Afghans point finger over bombing●カラチでは月曜日に6件の爆発事件があり、1人が死亡、37人が負傷した(中略)。
●「カラチのパシュトゥーン族街で一連の爆発があり、1人が死亡、30人が負傷した。爆発はそれほど強い威力のものではなかった」(中略)。「爆発の目的は、街を恐怖に陥れることだった。またカラチの民族間の対立を、煽動することが目的だったのかもしれない」。

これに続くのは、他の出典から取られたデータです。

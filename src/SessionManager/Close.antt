-- ===== src/SessionManager/Close.antt =====
-- SessionManager.cpp, `CloseSession` and `ForceCloseSession`: what they do on each branch. The
-- destructor's nested call finds the session gone from the list, so the calls go two deep.
use iocp_chat_server.Base.{
  ℕ, suc, ◌≡◌, refl, true, false, ◌∷◌, none, some, arith, ◌==◌, ◌⊎◌, inr, ◌≢◌,
}
use iocp_chat_server.Base.Int.{pos, ◌-ℤ◌}
use iocp_chat_server.Network.IocpSession.{IocpSession}
use iocp_chat_server.SessionManager.Memory.{
  Pointer, World, done, fault, frees, closes_socket, lingers, update, ◌>>=◌, load_at, free_at,
  double_free,
}
use iocp_chat_server.SessionManager.{contains, remove, close_session, force_close_session, destroy}
use iocp_chat_server.SessionManager.Pointers.{contains-remove_self}

-- The world after the session at `p` is closed.
unfoldable pub without : Pointer → IocpSession → World → World
without p s w = record w {
  session_list = remove p w.session_list;
  session_count = w.session_count -ℤ pos 1;
  heap = update w.heap p none;
  effects = frees p ∷ closes_socket s.socket ∷ w.effects;
}

-- A pointer that is null or not in the list: nothing happens.
pub close_session-unlisted :
    (fuel : ℕ) (p : Pointer) (w : World)
    → (p ≡ 0) ⊎ (contains p w.session_list ≡ false)
    → close_session (suc fuel) p w ≡ done false w
unfolding close_session
close_session-unlisted fuel p w h = ground arith

-- A session in the list: its socket is closed, it leaves the list, and it is freed, once. More fuel
-- changes nothing.
pub close_session-listed :
    (fuel : ℕ) (p : Pointer) (s : IocpSession) (w : World)
    → p ≢ 0
    → contains p w.session_list ≡ true
    → w.heap p ≡ some s
    → close_session (suc (suc fuel)) p w ≡ done true (without p s w)
unfolding close_session without
close_session-listed fuel p s w h c e =
    let not_null : (p == 0) ≡ false = ground arith in
    rw (not_null, c, e, contains-remove_self p w.session_list, ◌>>=◌, load_at)
      (rw (not_null, e, ◌>>=◌, free_at))

-- The same after `SO_LINGER` is set.
pub force_close_session-listed :
    (fuel : ℕ) (p : Pointer) (s : IocpSession) (w : World)
    → p ≢ 0
    → contains p w.session_list ≡ true
    → w.heap p ≡ some s
    → force_close_session (suc (suc fuel)) p w
      ≡ done tt (without p s (record w { effects = lingers s.socket ∷ w.effects }))
unfolding force_close_session
force_close_session-listed fuel p s w h c e =
    let not_null : (p == 0) ≡ false = ground arith in
    rw (
      not_null,
      e,
      close_session-listed fuel p s (record w { effects = lingers s.socket ∷ w.effects }) h c e,
      ◌>>=◌,
      load_at,
    )

-- A null pointer is left alone.
pub force_close_session-null : (fuel : ℕ) (w : World) → force_close_session fuel 0 w ≡ done tt w
unfolding force_close_session
force_close_session-null fuel w = refl

-- `delete` on a session that the manager does not list: the destructor's call finds nothing, and the
-- memory is given back. The socket stays open.
pub destroy-unlisted :
    (fuel : ℕ) (p : Pointer) (s : IocpSession) (w : World)
    → contains p w.session_list ≡ false
    → w.heap p ≡ some s
    → destroy (close_session (suc fuel)) p w
      ≡ done tt (record w { heap = update w.heap p none; effects = frees p ∷ w.effects })
unfolding destroy
destroy-unlisted fuel p s w c e = rw (close_session-unlisted fuel p w (inr c), ◌>>=◌, e, free_at)

-- `delete` on a session that the manager lists: the destructor calls `CloseSession`, which deletes
-- the session itself, so that the memory is given back twice.
pub destroy-listed :
    (fuel : ℕ) (p : Pointer) (s : IocpSession) (w : World)
    → p ≢ 0
    → contains p w.session_list ≡ true
    → w.heap p ≡ some s
    → destroy (close_session (suc (suc fuel))) p w ≡ fault double_free
unfolding destroy without
destroy-listed fuel p s w h c e =
    let self : (p == p) ≡ true = ground arith in
    rw (close_session-listed fuel p s w h c e, ◌>>=◌, self, free_at)
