-- ===== src/SessionManager/Invariant.antt =====
-- The invariant of the session table: what is listed is allocated and listed once, and the count is
-- the number of sessions. `CloseSession` keeps it and never faults.
use iocp_chat_server.Base.{
  ℕ, suc, ◌≡◌, refl, true, false, List, [], ◌∷◌, ◌++◌, Option, none, some, arith, ◌==◌, inl, inr,
  ◌≢◌, length, Bool-cases,
}
use iocp_chat_server.Base.Int.{pos, ◌-ℤ◌, ◌+ℤ◌, ◌≤ℤ◌}
use iocp_chat_server.Network.IocpSession.{IocpSession}
use iocp_chat_server.SessionManager.Memory.{Pointer, World, Outcome, done, fault, update, Effect}
use iocp_chat_server.SessionManager.{make, contains, remove, close_session}
use iocp_chat_server.SessionManager.Pointers.{
  Distinct, contains-remove_self, length-remove, remove-Distinct,
}
use iocp_chat_server.SessionManager.Close.{without, close_session-listed, close_session-unlisted}

abbrev pub Heap : Type 0
Heap = Pointer → Option IocpSession

-- Every listed pointer leads to an object.
abbrev pub Live : Heap → List Pointer → Type 0
Live h [] = Unit {0}
Live h (p ∷ ps) = (p ≢ 0) × ((s : IocpSession) × (h p ≡ some s)) × Live h ps

pub Live-load :
    (h : Heap) (p : Pointer) (ps : List Pointer)
    → Live h ps
    → contains p ps ≡ true
    → (s : IocpSession) × (h p ≡ some s) × (p ≢ 0)
unfolding contains
Live-load h p [] l c = absurd (impossible c)
  where
    impossible : false ≡ true → ⊥
    impossible e = cc
Live-load h p (q ∷ qs) l c = elim (Bool-cases (q == p)) [
  | inl e ↦ let same : q ≡ p = ground arith in (l.1.0, rw (← same) (l.1.1), rw (← same) (l.0))
  | inr e ↦ Live-load h p qs l.2 (ground arith)
]

pub Live-update :
    (h : Heap) (p : Pointer) (o : Option IocpSession) (ps : List Pointer)
    → Live h ps
    → contains p ps ≡ false
    → Live (update h p o) ps
unfolding contains
Live-update h p o [] l c = tt
Live-update h p o (q ∷ qs) l c =
    (l.0, (l.1.0, ground arith), Live-update h p o qs l.2 (ground arith))

pub Live-remove : (h : Heap) (p : Pointer) (ps : List Pointer) → Live h ps → Live h (remove p ps)
unfolding remove
Live-remove h p [] l = tt
Live-remove h p (q ∷ qs) l = elim (Bool-cases (q == p)) [
  | inl e ↦ rw e (Live-remove h p qs l.2)
  | inr e ↦ rw e (l.0, l.1, Live-remove h p qs l.2)
]

pub Live-append : (h : Heap) (ps qs : List Pointer) → Live h ps → Live h qs → Live h (ps ++ qs)
Live-append h [] qs l m = m
Live-append h (p ∷ ps) qs l m = (l.0, l.1, Live-append h ps qs l.2 m)

pub record Inv (w : World) : Type 0 where
  pub live : Live w.heap w.session_list
  pub distinct : Distinct w.session_list
  pub counted : w.session_count ≡ pos (length w.session_list)
  pub capacity : w.session_count ≤ℤ w.max_connection +ℤ pos 1

pub make-Inv : (n : ℕ) → Inv (make (pos n))
unfolding make ◌+ℤ◌
make-Inv n = record { live = tt; distinct = tt; counted = refl; capacity = ground arith }

pub without-Inv :
    (p : Pointer) (s : IocpSession) (w : World)
    → contains p w.session_list ≡ true
    → Inv w
    → Inv (without p s w)
unfolding without ◌-ℤ◌ ◌+ℤ◌
without-Inv p s w c i =
    let ps = w.session_list in
    record {
      live =
          Live-update w.heap p none (remove p ps) (Live-remove w.heap p ps i.live)
            (contains-remove_self p ps);
      distinct = remove-Distinct p ps i.distinct;
      counted = ground (arith, length-remove p ps i.distinct c, i.counted);
      capacity = ground (arith, i.capacity, i.counted);
    }

-- What an operation leaves behind: a fault is excluded.
abbrev pub Keeps : {A : Type 0} → Outcome A → Type 0
Keeps (done a w) = Inv w
Keeps (fault e) = ⊥

-- `CloseSession` on any pointer, null, dangling or listed, keeps the invariant with no fault. Two
-- levels of calls are enough.
pub close_session-Inv :
    (fuel : ℕ) (p : Pointer) (w : World) → Inv w → Keeps (close_session (suc (suc fuel)) p w)
close_session-Inv fuel p w i = elim (Bool-cases (contains p w.session_list)) [
  | inl c ↦
      let l = Live-load w.heap p w.session_list i.live c in
      rw (close_session-listed fuel p l.0 w l.2 c l.1) (without-Inv p l.0 w c i)
  | inr c ↦ rw (close_session-unlisted (suc fuel) p w (inr c)) i
]

pub Live-store :
    (h : Heap) (p : Pointer) (t : IocpSession) (ps : List Pointer)
    → Live h ps
    → Live (update h p (some t)) ps
Live-store h p t [] l = tt
Live-store h p t (q ∷ qs) l = (
  l.0,
  elim (Bool-cases (p == q)) [ inl e ↦ (t, ground arith) | inr e ↦ (l.1.0, ground arith) ],
  Live-store h p t qs l.2,
)

-- The list and the counters are those of `w`, and one object may have been written.
pub Inv-store :
    (p : Pointer) (t : IocpSession) (es : List Effect) (w : World)
    → Inv w
    → Inv (record w { heap = update w.heap p (some t); effects = es })
Inv-store p t es w i = record {
  live = Live-store w.heap p t w.session_list i.live;
  distinct = i.distinct;
  counted = i.counted;
  capacity = i.capacity;
}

Multiple bombs kill one, wound 37 in Pakistan's Karachi●月曜日に爆発物を搭載した車をアフガニスタンにあるインド大使館の玄関に激突させ、インド人4人を含む40人以上が死亡した。
●(中略)原理主義者たちの報道官は、今回の攻撃にタリバンは関与していないと発表した。「我々はやってはいない」と、ザビブッラー・ムジャーヒッドが述べた(後略)。